[[ DATA SECTION open ]]

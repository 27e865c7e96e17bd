-- ===== src/Identity/Base32/Digits.antt =====
-- What one digit does to the base32 decoder, and which digits a byte completes in the encoder.
use Prim.Native.Nat.{bit_or}
use minip2p.Prelude.{
  ℕ, suc, ◌+◌, ◌-◌, ◌*◌, ◌/◌, ◌%◌, ◌^◌, ◌<◌, ◌≡◌, refl, ap, ◌∙◌, arith, true, false, [], ◌∷◌, ◌++◌,
  Option, none, some, leb,
}
use minip2p.Prelude.Bits.{every_below, every_below→eq, and_five, and_byte, or_low}
use minip2p.Varint.{Bytes}
use minip2p.Identity.Base58.{Text, char_at}
use minip2p.Identity.Base32.{
  base32_char, base32_value, take_digits, base32_digits, decode_base32_chars,
}

abbrev or_none : Option ℕ → ℕ
or_none none = 99
or_none (some v) = v

some_of : (o : Option ℕ) (v : ℕ) → or_none o ≡ v → v < 32 → o ≡ some v
some_of none v e h = absurd (omega arith)
some_of (some w) v e h = ap some e

base32_value-char : (v : ℕ) → v < 32 → base32_value (base32_char v) ≡ some v
unfolding every_below base32_value char_at
base32_value-char v h =
    some_of (base32_value (base32_char v)) v
      (every_below→eq 32 (λ i. or_none (base32_value (base32_char i))) (λ i. i) v refl h) h

-- The buffer after a digit.
abbrev pub push : (buffer v : ℕ) → ℕ
push buffer v = buffer % 2 ^ 27 * 32 + v

push_lem : (buffer v : ℕ) → v < 32 → bit_or (buffer * 2 ^ 5 % 2 ^ 32) v ≡ push buffer v
push_lem buffer v h =
    let e : buffer * 2 ^ 5 % 2 ^ 32 ≡ buffer % 2 ^ 27 * 2 ^ 5 = omega arith in
    ap (λ x. bit_or x v) e ∙ or_low 5 (buffer % 2 ^ 27) v (omega arith)

pub decode_more :
    (v : ℕ) (chs : Text) (index buffer bits : ℕ) (out : Bytes)
    → v < 32
    → bits + 5 < 8
    → decode_base32_chars (base32_char v ∷ chs) index buffer bits out
      ≡ decode_base32_chars chs (suc index) (push buffer v) (bits + 5) out
unfolding decode_base32_chars
decode_more v chs index buffer bits out h k =
    let few : leb 8 (bits + 5) ≡ false = ground arith in
    rw (base32_value-char v h, few, push_lem buffer v h) refl

pub decode_byte :
    (v : ℕ) (chs : Text) (index buffer bits left : ℕ) (out : Bytes)
    → v < 32
    → bits + 5 ≡ 8 + left
    → decode_base32_chars (base32_char v ∷ chs) index buffer bits out
      ≡ decode_base32_chars chs
          (suc index)
          (push buffer v)
          left
          (out ++ (push buffer v / 2 ^ left % 256 ∷ []))
unfolding decode_base32_chars
decode_byte v chs index buffer bits left out h k =
    let enough : leb 8 (bits + 5) ≡ true = ground arith in
    let rest : bits + 5 - 8 ≡ left = omega arith in
    rw
      (
        base32_value-char v h,
        enough,
        push_lem buffer v h,
        rest,
        and_byte (push buffer v / 2 ^ left),
      )
      refl

-- The buffer after a byte.
abbrev pub fill : (buffer c : ℕ) → ℕ
fill buffer c = buffer % 256 * 256 + c

fill_lem : (buffer c : ℕ) → c < 256 → bit_or (buffer * 2 ^ 8 % 2 ^ 16) c ≡ fill buffer c
fill_lem buffer c h =
    let e : buffer * 2 ^ 8 % 2 ^ 16 ≡ buffer % 256 * 2 ^ 8 = omega arith in
    ap (λ x. bit_or x c) e ∙ or_low 8 (buffer % 256) c (omega arith)

-- The digits that a byte completes, by the number of bits that were left over.
pub digits_zero :
    (c : ℕ) (cs : Bytes) (buffer : ℕ)
    → c < 256
    → base32_digits (c ∷ cs) buffer 0 ≡ fill buffer c / 8 % 32 ∷ base32_digits cs (fill buffer c) 3
unfolding base32_digits take_digits
digits_zero c cs buffer h = rw (fill_lem buffer c h, and_five (fill buffer c / 2 ^ 3)) refl

pub digits_one :
    (c : ℕ) (cs : Bytes) (buffer : ℕ)
    → c < 256
    → base32_digits (c ∷ cs) buffer 1 ≡ fill buffer c / 16 % 32 ∷ base32_digits cs (fill buffer c) 4
unfolding base32_digits take_digits
digits_one c cs buffer h = rw (fill_lem buffer c h, and_five (fill buffer c / 2 ^ 4)) refl

pub digits_two :
    (c : ℕ) (cs : Bytes) (buffer : ℕ)
    → c < 256
    → base32_digits (c ∷ cs) buffer 2
      ≡ fill buffer c / 32 % 32 ∷ fill buffer c / 1 % 32 ∷ base32_digits cs (fill buffer c) 0
unfolding base32_digits take_digits
digits_two c cs buffer h =
    rw (fill_lem buffer c h, and_five (fill buffer c / 2 ^ 5), and_five (fill buffer c / 2 ^ 0))
      refl

pub digits_three :
    (c : ℕ) (cs : Bytes) (buffer : ℕ)
    → c < 256
    → base32_digits (c ∷ cs) buffer 3
      ≡ fill buffer c / 64 % 32 ∷ fill buffer c / 2 % 32 ∷ base32_digits cs (fill buffer c) 1
unfolding base32_digits take_digits
digits_three c cs buffer h =
    rw (fill_lem buffer c h, and_five (fill buffer c / 2 ^ 6), and_five (fill buffer c / 2 ^ 1))
      refl

pub digits_four :
    (c : ℕ) (cs : Bytes) (buffer : ℕ)
    → c < 256
    → base32_digits (c ∷ cs) buffer 4
      ≡ fill buffer c / 128 % 32 ∷ fill buffer c / 4 % 32 ∷ base32_digits cs (fill buffer c) 2
unfolding base32_digits take_digits
digits_four c cs buffer h =
    rw (fill_lem buffer c h, and_five (fill buffer c / 2 ^ 7), and_five (fill buffer c / 2 ^ 2))
      refl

[[ DATA SECTION closed ]]

▶ **TASK OBJECTIVE**
Return every line from the records above that holds the word "rest".

▶ **SOLUTION**
    let rest : bits + 5 - 8 ≡ left = omega arith in
        rest,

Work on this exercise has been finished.